### Description of the task
Below are the records; collect from them each line containing the string "strategy".

### Data for the task
⁂
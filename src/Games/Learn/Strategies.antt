-- ===== src/Games/Learn/Strategies.antt =====
-- What an automaton plays, as a function of the whole history of the game.
use rs_social_simulation_too.Prelude.{ℕ, ◌-◌, ◌<◌, ◌≡◌, refl, sym, ◌∙◌, ap, arith, Bool, true}
use rs_social_simulation_too.Prelude.{false, ◌==◌, leb, Bool-cases, inl, inr, if◌then◌else◌, All}
use rs_social_simulation_too.Prelude.{
  Option, none, some, List, [], ◌∷◌, ◌++◌, set, replicate, if_true, if_false,
}
use rs_social_simulation_too.Games.Learn.{
  Weights, Draw, LearnError, LearnResult, ok, err, sample_probabilities,
}
use rs_social_simulation_too.Games.Learn.Automaton.{
  AutomatonKind, all_c, all_d, grim, wsls, tft, gtft, AutomatonState,
}
use rs_social_simulation_too.Games.Learn.Automaton.{checked_kind, start_state, new}
use rs_social_simulation_too.Games.Learn.Automaton.{
  forgiving, pure, kind_probabilities, next_action_probabilities,
}
use rs_social_simulation_too.Games.Learn.Automaton.{kind_action, next_action}
use rs_social_simulation_too.Games.Learn.Observing.{
  Round, last_round, has_defected, IsRound, has_defected_within,
}
use rs_social_simulation_too.Games.Learn.Observing.{
  last_round-IsRound, observe_all, state_with, state_after, observe_all-state_after,
}

module _ (w : Weights) where
  open w use {Float, nil, unit, eq}

  new_state :
      (kind : AutomatonKind Float) (coop : ℕ) (s : AutomatonState Float)
      → new w kind coop ≡ ok s
      → (coop < 2) × (s ≡ state_after kind coop [])
  unfolding new
  new_state kind coop s h = elim (Bool-cases (leb 2 coop)) [
    | inl e ↦ absurd (failed _ s (sym (if_true _ _ e) ∙ h))
    | inr e ↦ (ground (arith, e), started (checked_kind w kind) s (sym (if_false _ _ e) ∙ h))
  ]
    where
      failed :
          (e : LearnError Float) (s : AutomatonState Float)
          → ◌≡◌ {A = LearnResult Float (AutomatonState Float)} (err e) (ok s)
          → ⊥
      failed e s h = cc

      started :
          (checked : LearnResult Float Unit) (s : AutomatonState Float)
          → start_state w kind coop checked ≡ ok s
          → s ≡ state_after kind coop []
      started (err e) s h = absurd (failed e s h)
      started (ok u) s h = cc

  abbrev pub wsls_rule : ℕ → Option Round → Option ℕ
  wsls_rule coop none = some coop
  wsls_rule coop (some p) = some (if p.0 == p.1 then coop else 1 - coop)

  abbrev pub tft_rule : ℕ → Option Round → Option ℕ
  tft_rule coop none = some coop
  tft_rule coop (some p) = some p.1

  abbrev pub gtft_rule : ℕ → Float → Option Round → Option ℕ
  gtft_rule coop g none = some coop
  gtft_rule coop g (some p) =
      if p.1 == coop
      then some coop
      else if eq g nil
      then some (1 - coop)
      else if eq g unit
      then some coop
      else none

  -- What each strategy prescribes after a history, `none` where it draws. Win-stay lose-shift cooperates
  -- exactly after the rounds in which both did the same.
  abbrev pub prescribed : AutomatonKind Float → ℕ → List Round → Option ℕ
  prescribed all_c coop rounds = some coop
  prescribed all_d coop rounds = some (1 - coop)
  prescribed grim coop rounds = some (if has_defected coop rounds then 1 - coop else coop)
  prescribed wsls coop rounds = wsls_rule coop (last_round rounds)
  prescribed tft coop rounds = tft_rule coop (last_round rounds)
  prescribed (gtft g) coop rounds = gtft_rule coop g (last_round rounds)

  module _ {R : Type 0} (rng : Draw w R) where
    -- What the automaton does, as the strategy prescribes it.
    pub Plays : AutomatonKind Float → ℕ → Option ℕ → AutomatonState Float → R → Type 0
    Plays kind coop (some a) s r = (next_action w rng s r ≡ (ok a, r)) × (a < 2)
    Plays kind coop none s r =
        (g : Float) × (kind ≡ gtft g)
        × (next_action w rng s r ≡ sample_probabilities w rng (forgiving w coop g) r)

    wsls-Plays :
        (coop : ℕ) (trigger : Bool) (last : Option Round) (r : R)
        → coop < 2
        → ((p : Round) → last ≡ some p → IsRound p)
        → Plays wsls coop (wsls_rule coop last) (state_with wsls coop trigger last) r
    unfolding next_action Plays
    wsls-Plays coop trigger none r h valid = (refl, h)
    wsls-Plays coop trigger (some p) r h valid =
        let (own, opponent) = valid p refl in
        (ap (λ (a : ℕ). (ok a, r)) (stay p.0 p.1 coop own opponent h), ground arith)
      where
        stay :
            (own opponent coop : ℕ)
            → own < 2
            → opponent < 2
            → coop < 2
            → (if opponent == coop then own else if own == coop then 1 - coop else coop)
              ≡ (if own == opponent then coop else 1 - coop)
        stay own opponent coop h k l = ground arith

    tft-Plays :
        (coop : ℕ) (trigger : Bool) (last : Option Round) (r : R)
        → coop < 2
        → ((p : Round) → last ≡ some p → IsRound p)
        → Plays tft coop (tft_rule coop last) (state_with tft coop trigger last) r
    unfolding next_action Plays
    tft-Plays coop trigger none r h valid = (refl, h)
    tft-Plays coop trigger (some p) r h valid = (refl, (valid p refl).1)

    gtft-Plays :
        (g : Float) (coop : ℕ) (trigger : Bool) (last : Option Round) (r : R)
        → coop < 2
        → Plays (gtft g) coop (gtft_rule coop g last) (state_with (gtft g) coop trigger last) r
    unfolding next_action Plays
    gtft-Plays g coop trigger none r h = (refl, h)
    gtft-Plays g coop trigger (some p) r h = elim (Bool-cases (p.1 == coop)) [
      | inl e ↦ rw e (if_true _ _ e, h)
      | inr e ↦ elim (Bool-cases (eq g nil)) [
        | inl z ↦ rw (e, z) (if_false _ _ e ∙ if_true _ _ z, omega arith)
        | inr z ↦ elim (Bool-cases (eq g unit)) [
          | inl u ↦ rw (e, z, u) (if_false _ _ e ∙ if_false _ _ z ∙ if_true _ _ u, h)
          | inr u ↦ rw (e, z, u) (g, refl, if_false _ _ e ∙ if_false _ _ z ∙ if_false _ _ u)
        ]
      ]
    ]

    state_after-Plays :
        (kind : AutomatonKind Float) (coop : ℕ) (rounds : List Round) (r : R)
        → coop < 2
        → All IsRound rounds
        → Plays kind coop (prescribed kind coop rounds) (state_after kind coop rounds) r
    unfolding next_action Plays
    state_after-Plays all_c coop rounds r h all = (refl, h)
    state_after-Plays all_d coop rounds r h all = (refl, omega arith)
    state_after-Plays grim coop rounds r h all = (refl, ground arith)
    state_after-Plays wsls coop rounds r h all =
        wsls-Plays coop _ (last_round rounds) r h (λ p. last_round-IsRound rounds p all)
    state_after-Plays tft coop rounds r h all =
        tft-Plays coop _ (last_round rounds) r h (λ p. last_round-IsRound rounds p all)
    state_after-Plays (gtft g) coop rounds r h all = gtft-Plays g coop _ (last_round rounds) r h

    -- An automaton that `new` accepts takes every history of actions 0 and 1, of any length. What it does next is
    -- what its strategy prescribes for the history: a fixed action, 0 or 1, without drawing, or, for
    -- generous tit-for-tat alone, a draw from its two probabilities.
    pub next_action-Plays :
        (kind : AutomatonKind Float) (coop : ℕ) (s : AutomatonState Float) (rounds : List Round)
        (r : R)
        → new w kind coop ≡ ok s
        → All IsRound rounds
        → (s' : AutomatonState Float) × (observe_all s rounds ≡ some s')
          × Plays kind coop (prescribed kind coop rounds) s' r
    next_action-Plays kind coop s rounds r h all =
        let (below, start) = new_state kind coop s h in
        (
          state_after kind coop rounds,
          ap (λ (x : AutomatonState Float). observe_all x rounds) start
              ∙ observe_all-state_after kind coop [] rounds all,
          state_after-Plays kind coop rounds r below all,
        )

    -- Once the opponent has defected, `Grim` defects, whatever is played after it.
    pub grim_forever :
        (coop : ℕ) (s : AutomatonState Float) (before after : List Round) (own opponent : ℕ) (r : R)
        → new w grim coop ≡ ok s
        → All IsRound (before ++ ((own, opponent) ∷ after))
        → (opponent == coop) ≡ false
        → (s' : AutomatonState Float) × (observe_all s (before ++ ((own, opponent) ∷ after))
            ≡ some s')
          × (next_action w rng s' r ≡ (ok (1 - coop), r))
    unfolding Plays
    grim_forever coop s before after own opponent r h all e =
        let (s', observed, plays) = next_action-Plays grim coop s _ r h all in
        (
          s',
          observed,
          plays.0
              ∙ ap (λ (b : Bool). (ok (if b then 1 - coop else coop), r))
                  (has_defected_within coop before after own opponent e),
        )

  abbrev pub is_deterministic : AutomatonKind Float → Bool
  is_deterministic (gtft g) = false
  is_deterministic kind = true

  pure_action :
      {R : Type 0} (a b : ℕ) (r : R)
      → ◌≡◌ {A = LearnResult Float ℕ × R} (ok a, r) (ok b, r)
      → b < 2
      → pure w a ≡ ok (set (replicate 2 nil) b unit)
  unfolding pure
  pure_action a b r e h =
      let same : a ≡ b = cc in
      let inside : leb 2 b ≡ false = ground arith in ap (pure w) same ∙ if_false _ _ inside

  -- The probabilities that an automaton other than generous tit-for-tat reports are certainty for the action
  -- that it takes next.
  pub next_action_probabilities-next_action :
      {R : Type 0} (rng : Draw w R) (s : AutomatonState Float) (a : ℕ) (r : R)
      → is_deterministic s.kind ≡ true
      → s.coop < 2
      → a < 2
      → next_action w rng s r ≡ (ok a, r)
      → next_action_probabilities w s ≡ ok (set (replicate 2 nil) a unit)
  unfolding next_action_probabilities next_action
  next_action_probabilities-next_action rng s a r d h below e =
      if_false {b = leb 2 s.coop} _ _ (ground (arith, h)) ∙ by_kind s.kind d e
    where
      by_kind :
          (kind : AutomatonKind Float)
          → is_deterministic kind ≡ true
          → kind_action w rng s kind r ≡ (ok a, r)
          → kind_probabilities w s kind ≡ ok (set (replicate 2 nil) a unit)
      by_kind all_c d e = pure_action _ a r e below
      by_kind all_d d e = pure_action _ a r e below
      by_kind grim d e = pure_action _ a r e below
      by_kind wsls d e = pure_action _ a r e below
      by_kind tft d e = pure_action _ a r e below
      by_kind (gtft g) d e = absurd cc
⁂
### Worked solution
  -- What each strategy prescribes after a history, `none` where it draws. Win-stay lose-shift cooperates
    -- What the automaton does, as the strategy prescribes it.
    -- what its strategy prescribes for the history: a fixed action, 0 or 1, without drawing, or, for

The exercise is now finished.